Among the well-known translation teaching strategies, if you were to choose a few, how many of them would you call the commonly applied? Kindly note them.
First of all, we must assume that students have sound linguistic knowledge, both theoretical and practical, and a wide cultural bilingual background, achieved during their first years in college. In other words, we have to teach students the theoretical aspects of translation as being a first step, in detail, in order for them to be qualified for translating in an acceptable way. In other words, in addition to teaching the theoretical principles in the first year, we have to teach students the preliminaries of translation starting from how to translate simple sentences to the dealing with paragraphs and texts in a graduate fashion.
1. The teacher makes a selection of the material to be translated. Texts must be chosen accurately taking into account the degree of difficulty of the texts (semantic, cultural, stylistic, etc.), the topic or the specific knowledge area (science and technology; social, institutional, economic and/or political topics; and literary or philosophical works), the translation problems to be solved, and so on.
2. After browsing through the text (scan reading), the students assisted by their teacher, should identify the source, the norm, the type of text, the register, the style and the readership of the text selected.

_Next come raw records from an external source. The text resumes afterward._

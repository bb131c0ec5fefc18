-- ===== src/RemoteLog/Tests.antt =====
-- Runs of RemoteLog.antt on small inputs.
use ultra_net.Prelude.{◌≡◌, refl, true, false, List, [], ◌∷◌, ◌++◌, some, none, arith, codes, ◌⊎◌}
use ultra_net.Log.{Frame, frame_bytes, log_bytes, scanned, scan}
use ultra_net.Log.Frames.{IsFrame}
use ultra_net.RemoteLog.{
  magic, RemoteLog, RemoteLogScan, answers, append_data, append_ack, remote_log, scan_remote_log,
  scan_result, record_of, append_record_locked, data_ids,
}
use ultra_net.RemoteLog.Append.{IsLog, IsCall, record_of-IsFrame}
use ultra_net.RemoteLog.Recovery.{
  Call, data_call, ack_call, run, asked, scan_remote_log-run, append_record_locked_cut, empty-IsLog,
}
use ultra_net.RemoteLog.Loss.{append_data_lost}
use ultra_net.RemoteLog.Open.{remote_log-scan}

abbrev empty : RemoteLog
empty = record { fd_open = true; file = []; ids = [] }

-- A message whose record is written in two pieces, another, and an acknowledgement of the first.
abbrev calls : List Call
calls =
    data_call 7 (codes "hello") (some 10 ∷ some 16 ∷ []) true
    ∷ data_call 8 (codes "x") (some 22 ∷ []) true
    ∷ data_call 7 (codes "hello") [] true
    ∷ ack_call 7 (some 21 ∷ []) true
    ∷ []

left_to_send :
    scan_result (asked [] calls) false
    ≡ record { complete_data = 2; torn = 0; unacked_frames = codes "x" ∷ [] }
unfolding scan_result data_ids ultra_net.RemoteLog.unacked asked ultra_net.RemoteLog.Append.add_ack
    ultra_net.RemoteLog.Append.add_data ultra_net.RemoteLog.mem ultra_net.RemoteLog.is_data
    record_of ultra_net.RemoteLog.msg_id ultra_net.Log.read_le_u64 ultra_net.Log.write_le_u64
    ultra_net.RemoteLog.acked_ids ultra_net.RemoteLog.is_ack
left_to_send = refl

hello_fits : IsCall 7 (codes "hello")
hello_fits = record {
  msg_id = omega arith;
  bytes = (omega arith, (omega arith, (omega arith, (omega arith, (omega arith, tt)))));
  size = omega arith;
}

x_fits : IsCall 8 (codes "x")
x_fits = record { msg_id = omega arith; bytes = (omega arith, tt); size = omega arith }

scan_remote_log-run_example :
    scan_remote_log (some (run empty calls).file) ≡ some (scan_result (asked [] calls) false)
unfolding ultra_net.RemoteLog.Recovery.IsCallOf ultra_net.RemoteLog.Recovery.AllAnswer
    ultra_net.RemoteLog.Recovery.call append_data ultra_net.RemoteLog.mem append_record_locked
    ultra_net.RemoteLog.fsync ultra_net.RemoteLog.write_loop frame_bytes ultra_net.Log.covered
    record_of ultra_net.Log.write_le_u64 ultra_net.Log.write_le_u32 ultra_net.RemoteLog.insert_id
    append_ack
scan_remote_log-run_example =
    scan_remote_log-run calls (hello_fits, (x_fits, (hello_fits, (omega arith, tt))))
      (refl, (refl, (refl, (refl, tt))))

x-IsFrame : IsFrame 8 (record_of 1 8 (codes "x"))
x-IsFrame = record_of-IsFrame 1 8 (codes "x") (omega arith) x_fits

append_record_locked_cut_example :
    let found = scan_remote_log (
      some
        (append_record_locked empty
          (record_of 1 8 (codes "x"))
          (some 5 ∷ none ∷ [])
          true).0.file) in
    (found ≡ some (scan_result [] false))
    ⊎ (found ≡ some (scan_result [] true))
    ⊎ (found ≡ some (scan_result ([] ++ (record_of 1 8 (codes "x") ∷ [])) false))
append_record_locked_cut_example =
    append_record_locked_cut empty [] (record_of 1 8 (codes "x")) (some 5 ∷ none ∷ []) true
      empty-IsLog x-IsFrame

append_data_lost_example :
    scan_remote_log (
      some
        (append_data
          (append_data empty 7 (codes "hello") (some 2 ∷ none ∷ []) true).0
          8
          (codes "x")
          (some 22 ∷ [])
          true).0.file)
    ≡ some (scan_result [] true)
unfolding ultra_net.RemoteLog.mem data_ids append_data ultra_net.RemoteLog.insert_id
    append_record_locked ultra_net.RemoteLog.fsync ultra_net.RemoteLog.write_loop frame_bytes
    ultra_net.Log.covered record_of ultra_net.Log.write_le_u64 ultra_net.Log.write_le_u32
append_data_lost_example =
    append_data_lost empty [] 7 8 2 (codes "hello") (codes "x") (some 22 ∷ []) true empty-IsLog refl
      hello_fits x_fits refl refl (omega arith) (omega arith) refl

remote_log-scan_example :
    remote_log (log_bytes magic (record_of 1 8 (codes "x") ∷ [])) true
    ≡ some (record {
      fd_open = true;
      file = log_bytes magic (record_of 1 8 (codes "x") ∷ []);
      ids = data_ids (record_of 1 8 (codes "x") ∷ []);
    })
unfolding scan ultra_net.Log.scan_loop log_bytes frame_bytes ultra_net.Log.read_frame
    ultra_net.Log.covered record_of ultra_net.Log.write_le_u64 ultra_net.Log.write_le_u32
    ultra_net.Log.has_prefix ultra_net.Log.read_fields ultra_net.Log.read_le_u32
    ultra_net.Log.read_body ultra_net.Log.crc32_iso_hdlc ultra_net.Log.crc_bytes
    ultra_net.Log.crc_bits
remote_log-scan_example =
    remote_log-scan (log_bytes magic (record_of 1 8 (codes "x") ∷ [])) true
      {fs = record_of 1 8 (codes "x") ∷ []} {bad = false} (omega arith) refl
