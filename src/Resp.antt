-- ===== src/Resp.antt =====
-- app/redis-proxy/resp.hpp: the boundaries and arguments of RESP commands and replies. A pointer
-- into the buffer is the list of the bytes from it to the end. The lengths and counts are int64_t:
-- a digit string beyond that range makes the sum overflow, which C++ leaves undefined, and so the
-- result is `undefined` there.
pub mod Lines
pub mod RoundTrip
pub mod Rounds
pub mod Request
pub mod Response
pub mod Replies
mod Tests
use ultra_net.Prelude.{
  ℕ, zero, suc, ◌+◌, ◌-◌, Bool, true, false, ◌&&◌, List, [], ◌∷◌, ◌++◌, Option, none, some, ltb,
  ◌==◌, if◌then◌else◌, length, take, drop, Bytes,
}
use ultra_net.Prelude.Decimal.{read_digits, to_string}

abbrev pub cr : ℕ
cr = 13

abbrev pub lf : ℕ
lf = 10

-- What a scan of the buffer comes to: a value, a need for more bytes, or undefined behaviour.
pub data Scan {ℓ} (A : Type ℓ) : Type ℓ where
  ready : A → Scan A
  incomplete undefined : Scan A

infixl 5 ◌>>=◌
abbrev pub ◌>>=◌ {ℓ κ} : {A : Type ℓ} {B : Type κ} → Scan A → (A → Scan B) → Scan B
ready a >>= f = f a
incomplete >>= f = incomplete
undefined >>= f = undefined

-- The two bytes that end a line.
pub crlf : Bytes → Scan Bytes
crlf [] = incomplete
crlf (c ∷ []) = incomplete
crlf (c ∷ d ∷ s) = if c == cr && d == lf then ready s else incomplete

-- The digits of a count or a length.
abbrev pub digits : Bytes → Scan (ℕ × Bytes)
digits s = elim (read_digits s 0) [ none ↦ undefined | some r ↦ ready r ]

-- Digits and the end of the line.
pub number_line : Bytes → Scan (ℕ × Bytes)
number_line s = do (n, r) ← digits s; t ← crlf r; ready (n, t)

-- `$<len>\r\n`.
pub bulk_header : Bytes → Scan (ℕ × Bytes)
bulk_header [] = incomplete
bulk_header (c ∷ s) = if c == b'$' then number_line s else incomplete

pub record RespRequest : Type 0 where
  pub args : List Bytes
  pub consumed : ℕ

-- What the function returns, or that its behaviour is undefined.
pub data Outcome {ℓ} (A : Type ℓ) : Type ℓ where
  returns : A → Outcome A
  undefined : Outcome A

abbrev pub need_more : List Bytes → Outcome RespRequest
need_more args = returns (record { args = args; consumed = 0 })

-- The continuation of a scan inside `parse_request`, which keeps the arguments that it has.
abbrev pub on_scan {ℓ} :
    {A : Type ℓ} → List Bytes → Scan A → (A → Outcome RespRequest) → Outcome RespRequest
on_scan args (ready a) f = f a
on_scan args incomplete f = need_more args
on_scan args undefined f = undefined

-- The loop over the arguments; `len` is the length of the whole buffer.
pub parse_args : ℕ → ℕ → Bytes → List Bytes → Outcome RespRequest
parse_args len zero s args = returns (record { args = args; consumed = len - length s })
parse_args len (suc n) s args = on_scan args (bulk_header s) λ r.
    (if ltb (length r.1) (r.0 + 2)
      then need_more args
      else (let args' = args ++ (take r.0 r.1) ∷ [] in
          on_scan args' (crlf (drop r.0 r.1)) λ t. parse_args len n t args'))

-- The bytes before the first carriage return, and those from it on.
pub to_cr : Bytes → Option (Bytes × Bytes)
to_cr [] = none
to_cr (c ∷ s) =
    if c == cr
    then some ([], c ∷ s)
    else elim (to_cr s) [ none ↦ none | some (l, r) ↦ some (c ∷ l, r) ]

-- Runs of spaces make no empty argument.
abbrev pub push_arg : Bytes → List Bytes → List Bytes
push_arg [] args = args
push_arg (c ∷ cs) args = (c ∷ cs) ∷ args

-- The arguments between spaces; `cur` is the one that is being read.
pub split_spaces : Bytes → Bytes → List Bytes
split_spaces [] cur = push_arg cur []
split_spaces (c ∷ s) cur =
    let stop = push_arg cur (split_spaces s []) in
    let go_on = split_spaces s (cur ++ c ∷ []) in if c == b' ' then stop else go_on

pub parse_inline : Bytes → RespRequest
parse_inline s = elim (to_cr s) [
  | none ↦ record { args = []; consumed = 0 }
  | some (line, r) ↦ elim (crlf r) [
    | ready t ↦ record { args = split_spaces line []; consumed = length s - length t }
    | incomplete ↦ record { args = []; consumed = 0 }
    | undefined ↦ record { args = []; consumed = 0 }
  ]
]

pub parse_request : Bytes → Outcome RespRequest
parse_request [] = need_more []
parse_request (c ∷ s) =
    if c == b'*'
    then on_scan [] (number_line s) (λ r. parse_args (length (c ∷ s)) r.0 r.1 [])
    else returns (parse_inline (c ∷ s))

-- `$<len>\r\n<arg>\r\n`
pub encode_bulk : Bytes → Bytes
encode_bulk arg = b'$' ∷ (to_string (length arg) ++ cr ∷ lf ∷ (arg ++ cr ∷ lf ∷ []))

pub encode_args : List Bytes → Bytes
encode_args [] = []
encode_args (arg ∷ args) = encode_bulk arg ++ encode_args args

pub encode_request : List Bytes → Bytes
encode_request args = b'*' ∷ (to_string (length args) ++ cr ∷ lf ∷ encode_args args)

-- The loop of `detect_request_boundary`: the two bytes behind the argument are not looked at.
pub skip_args : ℕ → Bytes → Scan Bytes
skip_args zero s = ready s
skip_args (suc n) s = do
  (m, r) ← bulk_header s
  if ltb (length r) (m + 2) then incomplete else skip_args n (drop (m + 2) r)

-- The length of what a scan has passed over; 0 asks for more bytes.
abbrev pub passed : Bytes → Scan Bytes → Outcome ℕ
passed s (ready r) = returns (length s - length r)
passed s incomplete = returns 0
passed s undefined = undefined

pub inline_end : Bytes → Scan Bytes
inline_end s = elim (to_cr s) [ none ↦ incomplete | some (l, r) ↦ crlf r ]

pub request_end : Bytes → Scan Bytes
request_end [] = incomplete
request_end (c ∷ s) =
    if c == b'*' then (do (n, r) ← number_line s; skip_args n r) else inline_end (c ∷ s)

pub detect_request_boundary : Bytes → Outcome ℕ
detect_request_boundary s = if ltb (length s) 4 then returns 0 else passed s (request_end s)

-- `while (p < end)` up to the first "\r\n".
pub line_end : Bytes → Scan Bytes
line_end [] = incomplete
line_end (c ∷ []) = incomplete
line_end (c ∷ d ∷ s) = let rest = line_end (d ∷ s) in if c == cr && d == lf then ready s else rest

-- `negative`, and the text behind the sign.
abbrev pub sign : Bytes → Bool × Bytes
sign [] = (false, [])
sign (c ∷ s) = if c == b'-' then (true, s) else (false, c ∷ s)

pub bulk_end : Bytes → Scan Bytes
bulk_end s = do
  (n, r) ← number_line (sign s).1
  if (sign s).0
      then ready r
      else (if ltb (length r) (n + 2) then incomplete else ready (drop (n + 2) r))

-- The elements of an array, each found by `one`.
pub elements_end : (Bytes → Scan Bytes) → ℕ → Bytes → Scan Bytes
elements_end one zero s = ready s
elements_end one (suc n) s = do r ← one s; elements_end one n r

-- The count of an array, and its elements.
pub array_end : (Bytes → Scan Bytes) → Bytes → Scan Bytes
array_end one s = do
  (n, r) ← number_line (sign s).1
  if (sign s).0 then ready r else elements_end one n r

-- The end of the reply at the front of the buffer. Each level of nesting takes a byte, so that fuel
-- beyond the length of the buffer is enough; without fuel the scan asks for more bytes.
pub response_end : ℕ → Bytes → Scan Bytes
response_end zero s = incomplete
response_end (suc f) [] = incomplete
response_end (suc f) (c ∷ s) =
    if c == b'+'
    then line_end s
    else if c == b'-'
    then line_end s
    else if c == b':'
    then line_end s
    else if c == b'$'
    then bulk_end s
    else if c == b'*'
    then array_end (response_end f) s
    else incomplete

pub detect_response : Bytes → Outcome ℕ
detect_response s = passed s (response_end (suc (length s)) s)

3. The students should read the whole text at least twice: The first reading should be comprehensive and general in order for the student to become acquainted with the topic and to understand the original, always bearing in mind that meaning is context-determined.
4. The second reading must be logically deeper as students place emphasis on items where translation problems may appear. We can call this process as ―reading with translation intention," i.e. doing pre-editing and assessing the quality of the writing
5. The teacher then divides the text into as many segments as there are students in the group.
6. If the topic is already quite familiar to the students, they do a preliminary translation.
7. If the topic is completely unknown to the students, they should consult complementary literature.
8. Once the "one-to-one" version is accomplished, the students do a second version of their own translation—this time a written draft
9. With the original text in front of her/him and being careful to follow the same correlative order of the SL text, each student reads out her/his own version of the translated text, making the necessary pauses between sentences.
10. students should then be encouraged to take notes and discuss the (in) convenience of the contributions and comments arising from this analytical reading of each one of the different versions proposed.
11. As a metacognitive activity, the students, assisted by the teacher, analyze the translation strategies and procedures used, and discuss the reasons taken into account
12. The students hand in the final version of their revised and post-edited segments, which have already been amended in the light of the whole text.
13. The teacher makes a final revision (second post-edit), gives formative evaluation and makes comments, emphasizes findings, "happy" solutions and creative acts, on the one hand, and analyzes failures and weaknesses in the process, on the other.
The one who posted above has a pretty good process. If I can add, for language learning, there is a translation method called functional translation where the learners translate a phrase that best focuses on the meaning rather than the structure.
Text based and genre based approaches to teaching translation work best, specially when one is using idiomatic translation method suggested by Mildred Larson.
Melese Beshah Sir, thanks in advance for your helpful answer to my question, I'd really appreciate your help if you could introduce a few references to your writings for further readings.